NEW YORK, May 16 – Authors of the annotated Drosophila genome published in Science in March 2000 have voiced doubts about Nature ’s decision to publish a paper that highlights a number of errors in the initial release of the data.
The paper, which appears in today’s Nature , compares the annotation of the Drosophila genome by researchers from Celera Genomics and the Berkeley Drosophila Genome Project with known protein sequences in the SwissProt database. The comparison indicates that 45 percent of predicted proteins in the Celera/BDGP genome had sequence differences of more than 1 percent over the length of the SwissProt protein.
While the paper concludes that “Predictions based solely on the basis of statistical and homology methods may prove to be intrinsically inaccurate,” Susan Celniker, co-director of the BDGP and a co-author on the original Science paper, said, “the community absolutely knows that there are limitations to the programs that have been written to do an automated annotation and that they have to be curated.”
“We were surprised the paper got accepted in Nature ,” Celniker said. “Certainly within the genome community, this is common knowledge.”
Samuel Karlin, lead author on the Nature paper, said he originally submitted it in April to Science , but the journal refused to publish it without a response from the original authors. Karlin said that Nature had it reviewed and “the reviewers were extremely positive.”
But the paper’s statement that, “Individual sequences should continually be corrected and refined by multiple rounds of annotation backed up with experimental data before the Drosophila genome can be considered complete and accurate,” is certainly not news to genomics researchers, Celniker said, who understand that the sequenced and annotated Drosophila genome is far from “finished.”
Celniker added that the BDGP’s GadFly annotation database offers researchers the opportunity to fix specific annotations and the BDGP has been collecting corrections with the intention of including them in a complete release that is scheduled for September.
But Karlin noted that while many researchers may be aware of the annotation problems in published sequences, the actual error rate is much higher than perceived. “I think the article, hopefully, serves the purpose of being a caveat, a warning that people have to be careful if they’re using it,” Karlin said.
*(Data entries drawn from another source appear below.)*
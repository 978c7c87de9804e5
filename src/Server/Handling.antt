-- ===== src/Server/Handling.antt =====
-- The completion handlers keep the server well-formed (server/src/Server.cpp, server/src/Session.cpp).
use net_pixeld.Prelude.{
  ℕ, ◌≡◌, refl, sym, subst, ◌∙◌, inl, inr, Bool, true, false, some, [], ◌∷◌, ◌++◌, arith, text_eq,
  nat_eq, eqb, eqb_iff, if◌then◌else◌, Bool-cases, get_elem?, length, get_elem?-append_lt,
  get_elem?-append_length, get_elem?-append_one, get_elem?-lt,
}
use net_pixeld.Prelude.Outcome.{Outcome, ok, throw, crash}
use net_pixeld.Prelude.Exec.{Exec, ◌>>=◌, modify}
use net_pixeld.Prelude.Triple.{After}
use net_pixeld.Prelude.Umap.{find, assign, find-assign, assign-Distinct}
use net_pixeld.Json.{Json}
use net_pixeld.Session.{
  Session, start, do_read, run_posted, on_write, next_message, take_line, arrive, new_session,
}
use net_pixeld.Session.Writes.{
  IsOrderly, IsOrderly-same, new-IsOrderly, on_write-IsOrderly, run_posted-IsOrderly,
}
use net_pixeld.Server.State.{Server, Pointer, do_accept}
use net_pixeld.Server.Sessions.{call_session, send_to, on_client_disconnect}
use net_pixeld.Server.Messages.{on_client_message}
use net_pixeld.Server.Tick.{on_resource_tick}
use net_pixeld.Server.Invariant.{IsWellFormed, IsKnown, Leads, erase-IsWellFormed}
use net_pixeld.Server.Running.{
  Keeps, Keeps-bind, Keeps-call_session, Keeps-send_to, Keeps-on_client_message,
}
use net_pixeld.Server.Events.{
  Event, accepted, fired, turned, wrote, arrived, completed, add_session, greet, catch_all,
  disconnect_if, on_accept, receive, on_read, on_written, handler, handshake,
}
use net_pixeld.Server.Ticking.{Keeps-on_resource_tick}

added_pointer :
    (server : Server) (id j : ℕ) (q : Pointer)
    → IsWellFormed server
    → find j (assign id (some (length server.objects)) server.sessions) ≡ some q
    → Leads (server.objects ++ new_session id ∷ []) j q
added_pointer server id j q w f = elim (Bool-cases (eqb id j)) [
  | inl hit ↦
      let new : some (length server.objects) ≡ q =
        ground (arith, find-assign id j (some (length server.objects)) server.sessions) in
      record {
        ref = length server.objects;
        session = new_session id;
        points = sym new;
        there = get_elem?-append_length server.objects (new_session id);
        same_id = (eqb_iff id j).0 hit;
      }
  | inr miss ↦
      let l =
        w.pointers j q
          (ground (arith, find-assign id j (some (length server.objects)) server.sessions)) in
      record {
        ref = l.ref;
        session = l.session;
        points = l.points;
        there =
            get_elem?-append_lt server.objects _ l.ref
              (get_elem?-lt server.objects l.ref l.session l.there)
            ∙ l.there;
        same_id = l.same_id;
      }
]

added_every :
    (P : Session → Type 0) (server : Server) (id r : ℕ) (s : Session)
    → ((i : ℕ) (o : Session) → get_elem? server.objects i ≡ some o → P o)
    → P (new_session id)
    → get_elem? (server.objects ++ new_session id ∷ []) r ≡ some s
    → P s
added_every P server id r s all new f =
    elim (get_elem?-append_one server.objects r (new_session id) s f) [
      | inl old ↦ all r s old
      | inr same ↦ subst P (sym same) new
    ]

module _ (json : Json) where
  Keeps-modify :
      (f : Server → Server)
      → ((s : Server) → IsWellFormed s → IsWellFormed (f s))
      → Keeps (modify f)
  Keeps-modify f h = record { at = h }

  Keeps-disconnect : (id : ℕ) → Keeps (modify (on_client_disconnect id))
  unfolding on_client_disconnect
  Keeps-disconnect id = Keeps-modify _ (erase-IsWellFormed id)

  Keeps-add_session : Keeps add_session
  unfolding add_session
  Keeps-add_session = record {
    at = λ server w.
        let id = server.next_client_id in
        let p : Pointer = some (length server.objects) in
        record {
          pointers = λ j q f. added_pointer server id j q w f;
          known = λ r s f.
              added_every (λ s. IsKnown server.db.accounts s.uuid) server id r s w.known (inl refl)
                f;
          orderly = λ r s f. added_every IsOrderly server id r s w.orderly (new-IsOrderly id) f;
          distinct = assign-Distinct id p server.sessions w.distinct;
          next_fits = omega arith;
        };
  }

  Keeps-greet : (entry : ℕ × Pointer) → Keeps (greet json entry)
  unfolding start do_accept
  Keeps-greet (id, p) =
      let begin : Exec Server (Unit {0}) = call_session p (λ s. (ok tt, start s)) in
      Keeps-bind (send_to json p (handshake json id)) (λ _. begin >>= λ _. modify do_accept)
        (Keeps-send_to json p _)
        λ _.
          Keeps-bind begin (λ _. modify do_accept)
            (Keeps-call_session p _ (λ s. (refl, refl, IsOrderly-same s _ refl refl refl)))
            λ _. Keeps-modify do_accept (λ s w. record {
              pointers = w.pointers;
              known = w.known;
              orderly = w.orderly;
              distinct = w.distinct;
              next_fits = w.next_fits;
            })

  Keeps-on_accept : (ec : Bool) → Keeps (on_accept json ec)
  unfolding on_accept do_accept
  Keeps-on_accept true = record { at = λ s w. tt }
  Keeps-on_accept false = Keeps-bind add_session (greet json) Keeps-add_session Keeps-greet

  Keeps-catch_all : (m : Exec Server (Unit {0})) → Keeps m → Keeps (catch_all m)
  Keeps-catch_all m k = record { at = λ s w. caught (m s) (k.at s w) }
    where
      caught :
          (r : Outcome (Unit {0}) × Server)
          → After IsWellFormed (λ _. IsWellFormed) r
          → After IsWellFormed {A = Unit {0}} (λ _. IsWellFormed) (catch_all (λ _. r) r.1)
      caught (ok _, s) h = h
      caught (throw x, s) h = h
      caught (crash, s) h = tt

  Keeps-receive : (p : Pointer) (id : ℕ) → Keeps (receive json p id)
  unfolding do_read next_message take_line
  Keeps-receive p id =
      let reading = call_session p (next_message json) >>= on_client_message json id in
      Keeps-bind (catch_all reading) (λ _. call_session p (λ s. (ok tt, do_read s)))
        (Keeps-catch_all reading (
          Keeps-bind (call_session p (next_message json)) (on_client_message json id)
            (Keeps-call_session p (next_message json)
              (λ s. (refl, refl, IsOrderly-same s _ refl refl refl)))
            (Keeps-on_client_message json id)))
        λ _. Keeps-call_session p _ (λ s. (refl, refl, IsOrderly-same s _ refl refl refl))

  Keeps-read_if :
      (ec : Bool) (p : Pointer) (id : ℕ)
      → Keeps (if ec then modify (on_client_disconnect id) else receive json p id)
  Keeps-read_if true p id = Keeps-disconnect id
  Keeps-read_if false p id = Keeps-receive p id

  Keeps-on_read : (p : Pointer) (ec : Bool) → Keeps (on_read json p ec)
  unfolding on_read
  Keeps-on_read p ec =
      Keeps-bind (call_session p (λ s. (ok s.client_id, record s { reading = false })))
        (λ id. if ec then modify (on_client_disconnect id) else receive json p id)
        (Keeps-call_session p _ (λ s. (refl, refl, IsOrderly-same s _ refl refl refl)))
        (Keeps-read_if ec p)

  Keeps-disconnect_if : (b : Bool) (id : ℕ) → Keeps (disconnect_if b id)
  Keeps-disconnect_if true id = Keeps-disconnect id
  Keeps-disconnect_if false id = record { at = λ s w. w }

  Keeps-on_written : (p : Pointer) (ec : Bool) → Keeps (on_written p ec)
  unfolding on_written on_write
  Keeps-on_written p ec =
      let written =
        λ (id : ℕ). call_session p (on_write ec) >>= λ failed. disconnect_if failed id in
      Keeps-bind (call_session p (λ s. (ok s.client_id, s))) written
        (Keeps-call_session p _ (λ s. (refl, refl, IsOrderly-same s _ refl refl refl)))
        λ id.
          Keeps-bind (call_session p (on_write ec)) (λ failed. disconnect_if failed id)
            (Keeps-call_session p (on_write ec)
              (λ s. (ground arith, ground arith, on_write-IsOrderly ec s)))
            λ failed. Keeps-disconnect_if failed id

  pub Keeps-handler : (event : Event) → Keeps (handler json event)
  unfolding run_posted arrive
  Keeps-handler (accepted ec) = Keeps-on_accept ec
  Keeps-handler (fired ec) =
      Keeps-bind (modify (λ server. record server { timer_set = false }))
        (λ _. on_resource_tick json ec)
        (Keeps-modify _ (λ s w. record {
          pointers = w.pointers;
          known = w.known;
          orderly = w.orderly;
          distinct = w.distinct;
          next_fits = w.next_fits;
        }))
        λ _. Keeps-on_resource_tick json ec
  Keeps-handler (turned ref) =
      Keeps-call_session (some ref) run_posted
        (λ s. (ground arith, ground arith, run_posted-IsOrderly s))
  Keeps-handler (wrote ref ec) = Keeps-on_written (some ref) ec
  Keeps-handler (arrived ref bytes) =
      Keeps-call_session (some ref) _ (λ s. (refl, refl, IsOrderly-same s _ refl refl refl))
  Keeps-handler (completed ref ec) = Keeps-on_read (some ref) ec
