-- ===== src/Server/Hearing.antt =====
-- A read of a session whose client id is still in m_sessions does not crash
-- (server/src/Session.cpp, server/src/Server.cpp, server/src/main.cpp).
use net_pixeld.Prelude.{
  ℕ, ◌≡◌, ◌≢◌, refl, sym, ap, subst, ◌∙◌, inl, inr, Bool, true, false, Option, none, some, List,
  arith, Text, codes, text_eq, nat_eq, eqb, eqb_iff, get_elem?, set, get_elem?-set_self,
  get_elem?-set_ne, get_elem?-lt, Bool-cases,
}
use net_pixeld.Prelude.Outcome.{Outcome, ok, throw, crash}
use net_pixeld.Prelude.Exec.{Exec, continue, ◌>>=◌, pure}
use net_pixeld.Prelude.Umap.{find}
use net_pixeld.Json.{Json}
use net_pixeld.Protocol.{Message, parse, serialize}
use net_pixeld.Session.{Session, do_read, next_message, take_line, set_uuid, send, post}
use net_pixeld.Disk.{rename}
use net_pixeld.Db.Types.{Db}
use net_pixeld.Db.Queries.{get_user, user_exists, verify_user}
use net_pixeld.Db.File.{save}
use net_pixeld.Db.Updates.{add_user}
use net_pixeld.Server.State.{Server, Handler, login_handler, Pointer}
use net_pixeld.Server.Sessions.{
  read_session, call_session, call_db, get_session, send_to, send_to_client,
}
use net_pixeld.Server.Messages.{
  text_at, login_uuid, known_uuid, log_in, handle_login, on_client_message, handle, login_reply,
}
use net_pixeld.Server.Events.{catch_all, receive}
use net_pixeld.Server.Invariant.{Leads, Leads-set}

abbrev IsThere : List Session → ℕ → Type 0
IsThere objects ref = (o : Session) × (get_elem? objects ref ≡ some o)

IsThere-set :
    (objects : List Session) (ref r : ℕ) (new : Session)
    → IsThere objects ref
    → IsThere (set objects r new) ref
IsThere-set objects ref r new (o, e) = elim (Bool-cases (eqb r ref)) [
  | inl hit ↦
      let at = (eqb_iff r ref).0 hit in
      (
        new,
        ap (get_elem? (set objects r new)) (sym at)
            ∙ get_elem?-set_self objects r new
                (get_elem?-lt objects r o (ap (get_elem? objects) at ∙ e)),
      )
  | inr miss ↦ (o, get_elem?-set_ne objects r ref new (λ q. cc (miss, (eqb_iff r ref).1 q)) ∙ e)
]

-- The session object at `ref` that has read, and the one that m_sessions has for the client id.
module _ (id : ℕ) (p : Pointer) (ref : ℕ) where
  pub record Hears (s : Server) : Type 0 where
    pub entry : find id s.sessions ≡ some p
    pub leads : Leads s.objects id p
    pub reader : IsThere s.objects ref

  -- No crash, and both are still there.
  abbrev pub Safe : {A : Type 0} → Outcome A × Server → Type 0
  Safe r = (r.0 ≢ crash) × Hears r.1

  pub Safe-continue :
      {A B : Type 0} (r : Outcome A × Server) (f : A → Exec Server B)
      → Safe r
      → ((a : A) (s : Server) → Hears s → Safe (f a s))
      → Safe (continue r f)
  Safe-continue (ok a, s) f (n, h) k = k a s h
  Safe-continue (throw x, s) f (n, h) k = (λ e. cc, h)
  Safe-continue (crash, s) f (n, h) k = absurd (n refl)

  pub Safe-call_session :
      {A : Type 0} (r : ℕ) (method : Exec Session A) (s : Server)
      → IsThere s.objects r
      → ((o : Session) → ((method o).0 ≢ crash) × ((method o).1.client_id ≡ o.client_id))
      → Hears s
      → Safe (call_session (some r) method s)
  unfolding call_session read_session
  Safe-call_session r method s (o, e) k h = rw e (
    (k o).0,
    record {
      entry = h.entry;
      leads = Leads-set s.objects r o (method o).1 id p e (k o).1 h.leads;
      reader = IsThere-set s.objects ref r (method o).1 h.reader;
    },
  )

  -- a method of the session that the client id has
  Safe-call_found :
      {A : Type 0} (method : Exec Session A) (s : Server)
      → ((o : Session) → ((method o).0 ≢ crash) × ((method o).1.client_id ≡ o.client_id))
      → Hears s
      → Safe (call_session p method s)
  Safe-call_found method s k h =
      subst (λ q. Safe (call_session q method s)) (sym h.leads.points)
        (Safe-call_session h.leads.ref method s (h.leads.session, h.leads.there) k h)

  module _ (json : Json) where
    send-Safe :
        (msg : Message json.Value) (o : Session)
        → ((send json msg o).0 ≢ crash) × ((send json msg o).1.client_id ≡ o.client_id)
    unfolding send serialize post
    send-Safe msg o = (λ e. ground (arith, e), ground arith)

    Safe-send_to_client :
        (msg : Message json.Value) (s : Server) → Hears s → Safe (send_to_client json id msg s)
    unfolding send_to_client send_to
    Safe-send_to_client msg s h = rw h.entry (Safe-call_found (send json msg) s (send-Safe msg) h)

    Safe-log_in : (uuid : Option Text) (s : Server) → Hears s → Safe (log_in json id uuid s)
    unfolding log_in get_session set_uuid
    Safe-log_in none s h = (λ e. cc, h)
    Safe-log_in (some uuid) s h = rw h.entry (
        Safe-continue (call_session p (λ o. (ok tt, set_uuid uuid o)) s)
          (λ _. send_to_client json id (login_reply json uuid))
          (Safe-call_found (λ o. (ok tt, set_uuid uuid o)) s (λ o. (λ e. cc, refl)) h)
          λ _ t l. Safe-send_to_client (login_reply json uuid) t l)

    Safe-call_db :
        {A : Type 0} (method : Exec Db A) (s : Server)
        → (method s.db).0 ≢ crash
        → Hears s
        → Safe (call_db method s)
    Safe-call_db method s n h = (n, record { entry = h.entry; leads = h.leads; reader = h.reader })

    add_user-no_crash : (user pass : Text) (db : Db) → (add_user json user pass db).0 ≢ crash
    unfolding add_user save rename
    add_user-no_crash user pass db e = ground (arith, e)

    Safe-known_uuid :
        (b : Bool) (user pass : Text) (s : Server) → Hears s → Safe (known_uuid json b user pass s)
    unfolding get_user
    Safe-known_uuid false user pass s h = (λ e. cc, h)
    Safe-known_uuid true user pass s h =
        Safe-continue (get_user user pass s.db, s) (λ uuid. pure (some uuid))
          (λ e. ground (arith, e), h) λ _ t l. (λ e. cc, l)

    Safe-login_uuid : (user pass : Text) (s : Server) → Hears s → Safe (login_uuid json user pass s)
    unfolding login_uuid
    Safe-login_uuid user pass s h = elim (Bool-cases (user_exists user s.db)) [
      | inl e ↦ rw e (Safe-known_uuid (verify_user user pass s.db) user pass s h)
      | inr e ↦ rw e (
          Safe-continue (call_db (add_user json user pass) s) (λ uuid. pure (some uuid))
            (Safe-call_db (add_user json user pass) s (add_user-no_crash user pass s.db) h)
            λ _ t l. (λ e. cc, l))
    ]

    Safe-text_at :
        (v : json.Value) (key : Text) (s : Server) → Hears s → Safe (text_at json v key s)
    Safe-text_at v key s h = (λ e. ground (arith, e), h)

    Safe-handle :
        (handler : Option Handler) (msg : Message json.Value) (s : Server)
        → Hears s
        → Safe (handle json handler id msg s)
    unfolding handle_login
    Safe-handle none msg s h = (λ e. cc, h)
    Safe-handle (some login_handler) msg s h =
        let ended = λ (user pass : Text). login_uuid json user pass >>= log_in json id in
        Safe-continue (text_at json msg.payload (codes "id") s)
          (λ user. text_at json msg.payload (codes "password") >>= ended user)
          (Safe-text_at msg.payload (codes "id") s h)
          λ user t l.
            Safe-continue (text_at json msg.payload (codes "password") t) (ended user)
              (Safe-text_at msg.payload (codes "password") t l)
              λ pass u m.
                Safe-continue (login_uuid json user pass u) (log_in json id)
                  (Safe-login_uuid user pass u m) Safe-log_in

    Safe-on_client_message :
        (msg : Message json.Value) (s : Server) → Hears s → Safe (on_client_message json id msg s)
    unfolding on_client_message
    Safe-on_client_message msg s h = Safe-handle (find msg.type s.handlers) msg s h

    Safe-catch_all : (m : Exec Server (Unit {0})) (s : Server) → Safe (m s) → Safe (catch_all m s)
    Safe-catch_all m s (n, h) = go (m s) n h
      where
        go :
            (r : Outcome (Unit {0}) × Server)
            → r.0 ≢ crash
            → Hears r.1
            → Safe (catch_all (λ _. r) s)
        go (ok _, t) n h = (λ e. cc, h)
        go (throw x, t) n h = (λ e. cc, h)
        go (crash, t) n h = absurd (n refl)

    next_message-Safe :
        (o : Session)
        → ((next_message json o).0 ≢ crash) × ((next_message json o).1.client_id ≡ o.client_id)
    unfolding next_message take_line parse
    next_message-Safe o = (λ e. ground (arith, e), refl)

    pub Safe-receive : (s : Server) → Hears s → Safe (receive json (some ref) id s)
    unfolding do_read
    Safe-receive s h =
        let reading = call_session (some ref) (next_message json) >>= on_client_message json id in
        let again : Exec Session (Unit {0}) = λ o. (ok tt, do_read o) in
        Safe-continue (catch_all reading s) (λ _. call_session (some ref) again)
          (Safe-catch_all reading s (
            Safe-continue (call_session (some ref) (next_message json) s)
              (on_client_message json id)
              (Safe-call_session ref (next_message json) s h.reader next_message-Safe h)
              Safe-on_client_message))
          λ _ t l. Safe-call_session ref again t l.reader (λ o. (λ e. cc, refl)) l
Karlin said he set out to indicate the dangers of rushing publication of sequenced genomes. “Since they knew about the errors, they should have spent maybe another six months resolving these differences, but they wanted to get the genome published,” he said.
Karlin added that he has spoken to a number of Drosophila researchers, “and they’re sort of split. Half of them think it’s a very good thing to have the genome as early as they have it and they’ll worry about how to use it, and the other half are saying it’s a very good thing to have these cautionary articles to make them aware they have to be more careful.”
Celniker said that several BDGP researchers are drafting a response to the Nature paper.